Vendredi-Saint

Où est Dieu ?                                         

 

 

Devant la violence, Dieu sombre dans l'irrévélation. Il est happé dans les ténèbres. Combien ont perdu l'espérance, parce que l'horreur des crimes perpétrés contre l'homme avait frappé d'interdit toute idée de transcendance ? On connaît le mot célèbre d'une telle révolte : le mieux que Dieu puisse faire, c'est de ne pas exister.

Or, sur la croix, il y a pensé le premier. Pour la première fois dans l'histoire des hommes, une religion abdiquait ses fonctions d'ordre, ses systèmes d'explication et de gouvernement du monde. Elle se plantait dans la plus douloureuse des interrogations humaines : la souffrance et la mort. Les religions servaient à rassurer les hommes sur le mystère de leur destinée, elles dispensaient avec leurs commentaires des rites et des principes. Mais le Christ, lui, non seulement a renversé ces doctrines, et attenté aux instances les plus vénérables, mais il a rendu au mystère plus de profondeur encore : Dieu s'est fait lui-même la victime éternelle de l'éternelle barbarie.

Dans la guerre qui fait un vainqueur et un vaincu, il a choisi le parti du terrassé. Abel, avant Caïn.

Ne nous y trompons pas : le Dieu des riches, le Dieu des forts, le Dieu des affameurs et des exploiteurs, ce Dieu-là en effet n'existe pas, quoi que prétendent ces généraux aux mâchoires carrées qui prétendent en défendre les intérêts et gérer les valeurs.

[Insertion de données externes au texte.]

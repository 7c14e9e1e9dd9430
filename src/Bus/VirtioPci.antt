-- ===== src/Bus/VirtioPci.antt =====
-- AetherWebOS/src/drivers/virtio/virtio_pci.c: the search for the register areas of a VirtIO device.
-- The UART output is left out.
pub mod Walk
use aether_webos.Prelude.{
  ℕ, zero, suc, ◌+◌, ◌-◌, ◌*◌, ◌^◌, Option, none, some, Bool, true, false, not, ◌&&◌, ◌==◌, ltb,
  if◌then◌else◌, bit_and, bit_or, u8, u64, ◌<<<◌, ◌>>>◌,
}
use aether_webos.Memory.Paging.{Space, ioremap}
use aether_webos.Bus.{Trace, Answers}
use aether_webos.Bus.Pcie.{bar_mask, pcie_read_config}

-- `struct virtio_pci_device`, a null pointer as `none`, without the queues, together with the
-- accesses and the virtual memory that its initialisation changes.
pub record Transport : Type 0 where
  pub bus : ℕ
  pub dev : ℕ
  pub func : ℕ
  pub common : Option ℕ
  pub device_cfg : Option ℕ
  pub isr : Option ℕ
  pub notify_base : Option ℕ
  pub notify_off_multiplier : ℕ
  pub trace : Trace
  pub space : Space

-- The address in a BAR of 32 or of 64 bits, whose register is `reg`.
unfoldable pub bar_address : Answers → ℕ → ℕ → ℕ → ℕ → Trace → ℕ × Trace
bar_address device bus dev func reg t =
    let (bar_low, t') = pcie_read_config device bus dev func reg t in
    let phys_addr = bit_and bar_low bar_mask in
    let (bar_high, t'') = pcie_read_config device bus dev func (reg + 4) t' in
    if bit_and bar_low 0x6 == 0x4
    then (bit_or phys_addr (u64 (bar_high <<< 32)), t'')
    else (phys_addr, t')

-- The switch over the type of the capability.
unfoldable pub store_area : Answers → ℕ → ℕ → ℕ → Transport → Transport
store_area device type cap_ptr virt_addr v =
    if type == 1
    then record v { common = some virt_addr }
    else if type == 4
    then record v { device_cfg = some virt_addr }
    else if type == 3
    then record v { isr = some virt_addr }
    else if type == 2
    then (let (multiplier, t) = pcie_read_config device v.bus v.dev v.func (cap_ptr + 16) v.trace in
        record v { notify_base = some virt_addr; notify_off_multiplier = multiplier; trace = t })
    else v

unfoldable pub virtio_pci_map_capability : Answers → ℕ → ℕ → ℕ → ℕ → ℕ → Transport → Transport
virtio_pci_map_capability device type bar offset length cap_ptr v =
    let (phys_addr, t) = bar_address device v.bus v.dev v.func (0x10 + bar * 4) v.trace in
    let read = record v { trace = t } in
    let (space', virt_addr) = ioremap (u64 (phys_addr + offset)) length v.space in
    if phys_addr == 0 then read else elim virt_addr [
      | none ↦ record read { space = space' }
      | some a ↦ store_area device type cap_ptr a (record read { space = space' })
    ]

-- What one round of the loop does for the capability at `cap_ptr`, whose first word is `d0`.
unfoldable pub visit : Answers → ℕ → ℕ → Transport → Transport
visit device cap_ptr d0 v =
    let type = bit_and (d0 >>> 24) 0xFF in
    let (d1, t1) = pcie_read_config device v.bus v.dev v.func (cap_ptr + 4) v.trace in
    let bar = bit_and d1 0xFF in
    let (offset, t2) = pcie_read_config device v.bus v.dev v.func (cap_ptr + 8) t1 in
    let (length, t3) = pcie_read_config device v.bus v.dev v.func (cap_ptr + 12) t2 in
    if u8 (bit_and d0 0xFF) == 0x09
    then virtio_pci_map_capability device type bar offset length cap_ptr (record v { trace = t3 })
    else v

-- `while (cap_ptr != 0 && cap_ptr < 0xFF)`, with the rounds that it may take; `none` if they do not
-- suffice.
unfoldable pub cap_loop : ℕ → Answers → ℕ → Transport → Option Transport
cap_loop zero device cap_ptr v = none
cap_loop (suc fuel) device cap_ptr v =
    let (d0, t) = pcie_read_config device v.bus v.dev v.func cap_ptr v.trace in
    elim (not (cap_ptr == 0) && ltb cap_ptr 0xFF) [
      | true ↦
          cap_loop fuel device (u8 (bit_and (d0 >>> 8) 0xFF))
            (visit device cap_ptr d0 (record v { trace = t }))
      | false ↦ some v
    ]

unfoldable pub virtio_pci_cap_lookup : ℕ → Answers → Transport → Option Transport
virtio_pci_cap_lookup fuel device v =
    let (word, t) = pcie_read_config device v.bus v.dev v.func 0x34 v.trace in
    cap_loop fuel device (u8 (bit_and word 0xFF)) (record v { trace = t })

-- The device structure with which the search starts.
abbrev pub unmapped : ℕ → ℕ → ℕ → ℕ → Trace → Space → Transport
unmapped bus dev func multiplier t space = record {
  bus = bus;
  dev = dev;
  func = func;
  common = none;
  device_cfg = none;
  isr = none;
  notify_base = none;
  notify_off_multiplier = multiplier;
  trace = t;
  space = space;
}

Où donc est Dieu ? Au coeur de ce qu'il a toujours été : cloué sur sa croix, avec ce visage de souffrance, dont nous préférons détourner notre face. Il est dans ces enfants, aux bras comme des rameaux dénudés, au ventre ballonné, qui meurent les yeux ouverts, avec ce regard d'étonnement doux que prend l'innocence en toutes ces agonies. Ces enfants, hier, étaient biafrais ; ils sont du Darfour aujourd'hui. Ils sont de tous les pays du monde. Car ne croyons pas qu'un seul pays parvienne à protéger l'enfance de la brutalité d'une doctrine, d'un parti, ou d'un individu. Dieu aujourd'hui, qui a choisi de ne plus exister, est passé par cette mort consentie, plus vaste que nos morts, plus creuse que nos tombeaux.

Dans cette défaite, luit la pitié. Sa compassion dans sa passion. Il y a donc l'amour qui commande cette mort et commande à la mort ?

Dieu sans puissance, Dieu triomphalement faible, est mort debout sur sa croix, les bras tendus vers l'homme et ce geste d'étreinte était aussi un geste d'envol vers la pleine lumière.